2. Telestroke: Improving Stroke Diagnosis, Treatment and Recovery
Like analytics, telestroke seems poised to move from pilot phase to sustainability.
A need certainly exists. More than 40 percent of the nation's hospitals have fewer than 100 beds, says Dr. David Hess, chairman of the Georgia Regents University Department of Neurology, and therefore have little choice but to transfer stroke patients to facilities with more comprehensive stroke centers. But most of those small hospitals are in remote areas, and moving a patient is literally a life-or-death decision.
Technological advances such as cloud-based videoconferencing, though, make it increasingly easier for hospitalists to confer with neurologists, look at a patient's CT scan and quickly answer the "treat, transfer or admit" question. Sure, there are concerns, among them privacy, security, data interoperability and the need for 24/7 tech support - it's OK if your video chat software drops a call with your son at 2 a.m., but not as you await a decision to administer tPA.

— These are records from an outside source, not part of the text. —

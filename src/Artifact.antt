-- ===== src/Artifact.antt =====
-- crates/rlab-core/src/artifact: references to artifacts and the store that holds them.
pub mod Reference
pub mod Layout
pub mod Store
pub mod Lookup
pub mod Sweep
pub mod Resolve
mod Tests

But that capability to deliver a tPA decision in the middle of the night is the "Trojan Horse that gets us in" and proves telestroke's worth, Hess says. What's more, adds Yulun Wang, chairman and CEO of telemedicine vendor InTouch Health, hospitals that have laid the infrastructure required to support telestroke technology can then expand the model and apply telemedicine to psychiatric care, pediatrics and other specialties facing pressure to treat more patients with fewer doctors.
3. Healthcare at Home: The Patient-Centered Medical Home
While the so-called patient-centered medical home is largely absent from the Affordable Care Act, the principles of healthcare reform and the accountable care model nonetheless present an opportunity to demonstrate the value of telemedicine and mobile health. The key task is reducing hospital readmissions - which is part of healthcare reform, so much so that hospitals with "excess" readmissions within 30 days face reduced reimbursements.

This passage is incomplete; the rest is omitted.